Azure ML has ability to reuse previous component run’s results when same component with same inputs are submitted again.

If component reuse happens, your component will be displayed with a little “Recycle” icon on it like the screenshot below.

image-20210604181729947

You can check outputs/logs/metrics of the current run, and it shows same result as previous reused run.

Pipeline run reuse

To reuse a pipeline, specify dsl.pipeline with is_deterministic=True.

Example:

from azure.ml.component import dsl

@dsl.pipeline(is_deterministic=True)
def pipeline_func():
    # your pipeline function logic
    ...

Force component rerun

There are 2 ways to force component rerun instead of reusing previous outputs.
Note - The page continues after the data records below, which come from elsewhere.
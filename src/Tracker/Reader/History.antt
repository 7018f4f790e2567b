-- ===== src/Tracker/Reader/History.antt =====
-- The steps of internal/tracker/reader.go, and what they do for those who read
use logblock.Prelude.{ℕ, ◌≡◌, ◌≢◌, true, false, Option, none, some, List, [], ◌∷◌, ◌++◌}
use logblock.Adaptor.{BlockHoleReader}
use logblock.RangeMap.Index.{RangeIndex}
use logblock.BlockMap.{FreeSet, is_member}
use logblock.Tracker.Reader.{
  Reader, new_reader, start_merge, merge_push, end_merge, merge_again, push_writer, remove_writer,
  push_reader, start_read, end_read, start_compaction, push_compacted_reader, compacted_push,
  wait_unused, remove_unused, compaction_done, delete_writer,
}

-- What a step does for those who read
pub data Event : Type 0 where
  pushes_writer removes_writer pushes_reader pushes_compacted : ℕ → Event
  begins_compaction other : Event

-- What the device is made of, newest first: write logs, tables that were pushed since the last compaction began,
-- and older tables
pub record Layers : Type 0 where
  pub logs : List ℕ
  pub recent : List ℕ
  pub older : List ℕ

abbrev or_else : List ℕ → Option (List ℕ) → List ℕ
or_else xs none = xs
or_else xs (some ys) = ys

-- What an event makes of the layers: a table is pushed onto the recent ones, a compacted one below them.
unfoldable pub apply : Event → Layers → Layers
apply (pushes_writer w) d = record d { logs = w ∷ d.logs }
apply (removes_writer w) d = record d { logs = or_else d.logs (delete_writer w d.logs) }
apply (pushes_reader r) d = record d { recent = r ∷ d.recent }
apply (pushes_compacted r) d = record d { older = r ∷ d.older }
apply begins_compaction d = record d { recent = []; older = d.recent ++ d.older }
apply other d = d

unfoldable pub layers : List Event → Layers
layers [] = record { logs = []; recent = []; older = [] }
layers (e ∷ es) = apply e (layers es)

-- A table that has not been pushed yet
abbrev pub IsNew : List Event → ℕ → Type 0
IsNew es r = is_member r ((layers es).recent ++ (layers es).older) ≡ false

module _ (I : RangeIndex) (F : FreeSet) (tables : ℕ → BlockHoleReader) where
  -- The steps of the operations and of the goroutine, in any order. Those who push a table push it once, those who
  -- compact hold the state that StartCompaction gave them, and remove tables that no block is found in, one call after
  -- the other.
  pub data Step (es : List Event) (m : Reader I F) : Event → Reader I F → Type 0 where
    writer_pushed : (w : ℕ) → Step es m (pushes_writer w) (push_writer I F w m)
    writer_removed : (w : ℕ) → Step es m (removes_writer w) (remove_writer I F w m).1
    reader_pushed : (r : ℕ) → IsNew es r → Step es m (pushes_reader r) (push_reader I F r m)
    merge_started : (m' : Reader I F) → start_merge I F m ≡ some m' → Step es m other m'
    merge_pushed : (m' : Reader I F) → merge_push I F tables m ≡ some m' → Step es m other m'
    merge_ended : (m' : Reader I F) → end_merge I F m ≡ some m' → Step es m other m'
    merge_over : (m' : Reader I F) → merge_again I F m ≡ some m' → Step es m other m'
    read_started : Step es m other (start_read I F m).2
    read_ended : (g : ℕ) (m' : Reader I F) → end_read I F g m ≡ some m' → Step es m other m'
    compaction_started :
        (m' : Reader I F) → start_compaction I F m ≡ some m' → Step es m begins_compaction m'
    compacted_pushed :
        (r : ℕ) (m' : Reader I F)
        → m.compacting ≡ true
        → m.compaction_push ≡ none
        → IsNew es r
        → push_compacted_reader I F r m ≡ some m'
        → Step es m (pushes_compacted r) m'
    compacted_added : (m' : Reader I F) → compacted_push I F tables m ≡ some m' → Step es m other m'
    unused_waits : m.compacting ≡ true → Step es m other (wait_unused I F m).1
    unused_removed :
        (r iv : ℕ) (m' : Reader I F)
        → m.compacting ≡ true
        → m.compaction_push ≡ none
        → m.primary_index.index_map r ≡ some iv
        → ((b : ℕ) → I.get m.primary_index.range_map b ≢ some iv)
        → remove_unused I F r m ≡ some m'
        → Step es m other m'
    compaction_ended :
        m.compacting ≡ true → m.compaction_push ≡ none → Step es m other (compaction_done I F m)

  -- The states with what has been done, the latest first
  pub data Reach (block_size num_blocks : ℕ) : List Event → Reader I F → Type 0 where
    initial : Reach block_size num_blocks [] (new_reader I F block_size num_blocks)
    later :
        {es : List Event} {e : Event} {m m' : Reader I F}
        → Reach block_size num_blocks es m
        → Step es m e m'
        → Reach block_size num_blocks (e ∷ es) m'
You can set is_deterministic=False in component interface level or regenerate_outputs=True in component run level. Setting any of the 2 will force component rerun.

Component interface level

Set is_deterministic=False in component yaml, the specific component will always rerun. Reference here for more information.

Component run level

  1. Set regenerate_outputs=True for a specific component object, the specific component will rerun when submitted. Reference here for more information.

  2. Set regenerate_outputs=True when submitting pipeline, all component run inside the pipeline will rerun. Reference here for more information.

Find reused run id in UX

You can find the reused run id in the properties JSON of the component.

image-20210621175539266